Instructions: For each of the following news articles you must:


1. What is the target of satire? Explain what folly, vice, or human/societal error it is critiquing.
2. Identify 2 techniques used to convey the satirical message. Use your notes from the first day to identify
techniques.

Article #1: Baby Has Sinking Feeling He Left Home without Oversize Multicolor Plastic Keys
NEWS IN BRIEF • Local • Kids • Issue 51•17 • Apr 27, 2015
ROCKFORD, IL—Patting down his onesie with mounting concern, local 8-month-old Joshua McManus was reportedly
overcome by a sharp, sinking feeling Monday upon realizing he had left home without his oversize multicolor plastic
keys. “Oh, no—you have got to be kidding me,” McManus reportedly thought to himself, his stomach dropping as he
wondered how he could possibly make it through the day without his large ring of blue, pink, yellow, and green keys.

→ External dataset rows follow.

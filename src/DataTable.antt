-- ===== src/DataTable.antt =====
-- The tables in which a peer of lmd/peer.go keeps its rows. `Data` and `Index` share the rows: a row is
-- a slice, so they hold references, which are positions in the memory of the peer.
pub mod Index
pub mod Entries
pub mod Dynamic
mod Tests
use lmd.Prelude.{
  ℕ, suc, ◌+◌, Bool, true, false, Option, none, some, List, [], ◌∷◌, ◌++◌, Bytes, codes, equal,
  length, get_elem?, set, Result, ok, err, ◌>>=◌, ◌==◌, if◌then◌else◌,
}
use lmd.Prelude.Dict.{Dict, lookup, insert, delete}
use lmd.Runtime.{Go, Panic, raised, index_out_of_range, type_assertion}
use lmd.Runtime.Dynamic.{Value, str}
use lmd.Objects.{Table, index_of}
use lmd.Filter.Match.{sprint}

abbrev pub or_fault {ℓ} : {A : Type ℓ} → Option A → Result Panic A
or_fault none = err index_out_of_range
or_fault (some v) = ok v

-- the element at an index
abbrev pub at {ℓ} : {A : Type ℓ} → List A → ℕ → Result Panic A
at xs i = or_fault (get_elem? xs i)

-- `DataTable`, without the references to the rows of other tables
pub record DataTable : Type 0 where
  pub table : Table
  pub rows : List ℕ
  pub index : Dict ℕ

unfoldable pub has_row : List ℕ → ℕ → Bool
has_row [] r = false
has_row (x ∷ xs) r = let rest = has_row xs r in if x == r then true else rest

-- d.Data without the first reference to this row
unfoldable pub without_row : ℕ → List ℕ → List ℕ
without_row r [] = []
without_row r (x ∷ xs) = let rest = without_row r xs in if x == r then xs else x ∷ rest

-- `table.GetColumn("id").Index`
unfoldable pub id_column : Table → Result Panic ℕ
id_column t = do col ← at t.columns (index_of (codes "id") t.columns_index); ok col.index

-- `AddItem`; the row is the next one in the memory
unfoldable pub add_item : ℕ → DataTable → DataTable
add_item row d = record d { rows = d.rows ++ row ∷ [] }

module _ (go : Go) where
  open go use {Float}

  abbrev pub Row : Type 0
  Row = List (Value Float)

  abbrev pub Memory : Type 0
  Memory = List Row

  -- `fmt.Sprintf("%v", row[i])` of the row at a reference
  unfoldable pub key_at : Memory → ℕ → ℕ → Result Panic Bytes
  key_at mem i row = do r ← at mem row; v ← at r i; ok (sprint go v)

  unfoldable pub remove_item : Memory → ℕ → DataTable → Result Panic DataTable
  unfolding has_row without_row key_at id_column delete
  remove_item mem row d =
      let removed = (do
        i ← id_column d.table
        key ← key_at mem i row
        ok (record d { rows = without_row row d.rows; index = delete key d.index })) in
      if has_row d.rows row then removed else err raised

“Ah, for crying out loud. I got so wrapped up in that game of peekaboo with Dada before I headed out that I must have
totally spaced on grabbing them. I bet they’re still sitting there on the activity table right next to my phone-on-wheels. I’m
such an idiot.” At press time, a visibly frustrated McManus had vowed to himself that he would never leave the house
again without making sure he had picked up his colorful set of keys and explicitly placed them in his mouth.
Article #2: Tips for Going Green
INFOGRAPHIC • Environment • Lifestyle • Issue 51•16 • Apr 24, 2015
As climate change, pollution, and population growth continue to damage the environment, it’s more important than ever
for consumers to make eco-friendly decisions and practice green habits. Here are some tips for going green:
● Burn local fossil fuels
● Ban bath time for all but your filthiest child
● Don’t dispose of old batteries and electronics in the regular trash; put them in that box in the garage so you can
deal with them someday
● Carpool with another person to destroy the only precious moment of solitude you have in your day
● When people ask if you recycle, say yes
● Let the fresh ocean breeze dry the linens you’ve hung out in the backyard of your cape home
● Repurposing used water bottles into a decorative door wreath is a fun, pretend way to help the environment.
● Pay a consulting firm $400,000 to give your brand an eco-friendly image
● If you just throw everything into the recycling bin, chances are at least some of it will be salvaged.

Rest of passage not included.